The prosecution will get to offer a rebuttal to the defense summation.
Earlier yesterday, the prosecution wrapped up the first part of its closing arguments by playing Simpson's recorded rage and the haunting pleas of Nicole Simpson on a dramatic 911 tape.
Deputy District Attorney Christopher Darden depicted the football Hall of Famer as a spurned ex-husband driven to kill. He described Simpson as a man with a "short fuse" that burned until the climactic moment when he took up a knife and released his rage.

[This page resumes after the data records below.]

-- ===== src/Stm/Finish.antt =====
-- `stm_finish_local`, `stm_acquire_local` and `stm_validate_local`: what ends a transaction on one
-- processor. Each entry is handled under `meta_lock`.
pub mod Entries
pub mod Memory
pub mod Versions
use cluster_stm.Common.{◌≡◌, refl}
use cluster_stm.Common.{
  ℕ, ◌+◌, ◌%◌, true, not, ◌&&◌, ◌||◌, Option, none, some, ◌==◌, if◌then◌else◌, List, [], ◌∷◌,
}
use cluster_stm.Common.Family.{update}
use cluster_stm.Stm.Types.{StmStatus, commit, abort, is_commit, is_write, Config}
use cluster_stm.Stm.Meta.{set_write_bit, clear_write_bit, dec_readers, word_mod}
use cluster_stm.Stm.Node.{
  Buffer, DatasetEntry, Libs, Node, meta_at, share_bytes, write_bytes, set_dataset, set_meta,
  set_tx_dor,
}

-- The word that a finished entry leaves.
unfoldable pub release_word : Config → StmStatus → DatasetEntry → ℕ → ℕ
release_word c status e m =
    if not (is_write e.type)
    then dec_readers m
    else (if c.read_versioning
        then (if is_commit status then (clear_write_bit m + 2) % word_mod else clear_write_bit m)
        else (if not c.late_acquire
            then 0
            else (if e.acquired then 0 else (if e.promoted then dec_readers m else m))))

-- The buffer that a finished WRITE entry copies over its block, if it copies one.
unfoldable pub copied_back : Config → StmStatus → DatasetEntry → Option Buffer
copied_back c status e =
    if is_write e.type
    then (if c.write_buffering
        then (if is_commit status then e.wb_data else none)
        else (if is_commit status then none else e.undo_data))
    else none

-- `memcpy` of a whole block, or nothing.
abbrev pub copy_block : (ℕ → ℕ) → ℕ → ℕ → Option Buffer → ℕ → ℕ
copy_block mem a size none = mem
copy_block mem a size (some buf) = write_bytes mem a size buf

module _ {l : Libs} (c : Config) where
  -- One round of the loop of `stm_finish_local`.
  unfoldable pub finish_entry : StmStatus → Node l → ℕ → DatasetEntry → Node l
  unfolding release_word copied_back
  finish_entry status n a e = record n {
    meta = update n.meta (meta_at n a) (release_word c status e (n.meta (meta_at n a)));
    mem = copy_block n.mem a (share_bytes n) (copied_back c status e);
  }

  unfoldable pub finish_entries : StmStatus → Node l → List (ℕ × DatasetEntry) → Node l
  unfolding finish_entry
  finish_entries status n [] = n
  finish_entries status n ((a, e) ∷ es) = finish_entries status (finish_entry status n a e) es

  pub finish_entries-tx_dors :
      (status : StmStatus) (n : Node l) (es : List (ℕ × DatasetEntry))
      → (finish_entries status n es).tx_dors ≡ n.tx_dors
  unfolding finish_entries finish_entry
  finish_entries-tx_dors status n [] = refl
  finish_entries-tx_dors status n ((a, e) ∷ es) =
      finish_entries-tx_dors status (finish_entry status n a e) es

  pub finish_entries-share :
      (status : StmStatus) (n : Node l) (es : List (ℕ × DatasetEntry))
      → (finish_entries status n es).share_power ≡ n.share_power
  unfolding finish_entries finish_entry
  finish_entries-share status n [] = refl
  finish_entries-share status n ((a, e) ∷ es) =
      finish_entries-share status (finish_entry status n a e) es

  -- The dataset and the allocations are cleared; the addresses to free are the second part.
  unfoldable pub stm_finish_local : Node l → ℕ → StmStatus → Node l × List ℕ
  unfolding finish_entries
  stm_finish_local n p status =
      let n' = finish_entries status n (l.datasets.entries (n.tx_dors p).dataset) in
      let freed : List ℕ = if is_commit status then [] else (n.tx_dors p).allocations in
      (
        set_tx_dor n' p (record (n.tx_dors p) { dataset = l.datasets.init; allocations = [] }),
        freed,
      )

  -- The loop of `stm_acquire_local`: stops at the first WRITE entry that it cannot lock.
  unfoldable pub acquire_entries : Node l → ℕ → List (ℕ × DatasetEntry) → Node l × StmStatus
  acquire_entries n p [] = (n, commit)
  acquire_entries n p ((a, e) ∷ es) =
      let m = n.meta (meta_at n a) in
      let locked =
        set_dataset (set_meta n (meta_at n a) (set_write_bit m)) p
          (l.datasets.store (n.tx_dors p).dataset a (record e { acquired = true })) in
      let on = acquire_entries (if is_write e.type then locked else n) p es in
      if not (is_write e.type) || ((m == 0) || ((m == 2) && e.promoted)) then on else (n, abort)

  -- Without `LATE_ACQUIRE` its body is empty.
  unfoldable pub stm_acquire_local : Node l → ℕ → Node l × StmStatus
  unfolding acquire_entries
  stm_acquire_local n p =
      if c.late_acquire
      then acquire_entries n p (l.datasets.entries (n.tx_dors p).dataset)
      else (n, commit)

module _ {l : Libs} where
  -- The loop of `stm_validate_local`.
  unfoldable pub validate_entries : Node l → List (ℕ × DatasetEntry) → StmStatus
  validate_entries n [] = commit
  validate_entries n ((a, e) ∷ es) =
      if not (is_write e.type) && not (n.meta (meta_at n a) == e.old_version)
      then abort
      else validate_entries n es

  unfoldable pub stm_validate_local : Node l → ℕ → StmStatus
  unfolding validate_entries
  stm_validate_local n p = validate_entries n (l.datasets.entries (n.tx_dors p).dataset)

On the 911 tape, played for jurors in a hushed courtroom, Simpson accused Nicole Simpson of failing to think of her children on an occasion when she was with another man. In a calm voice, she tried to quiet her husband because their two small children were in the house.
Darden said many people have asked how Simpson could have killed his ex-wife and Goldman while his children were asleep in her condominium.
"Who could do something like that?" Darden asked. "He could."
Cochran rejected as "preposterous" Darden's description of Simpson's alleged jealous rage on June 12, presenting a videotape and a still photograph of a smiling Simpson at his daughter Sydney's recital. "Where's the murderous rage? Where's the fuse now, Mr. Darden?" Information from The Washington Post was used in this report.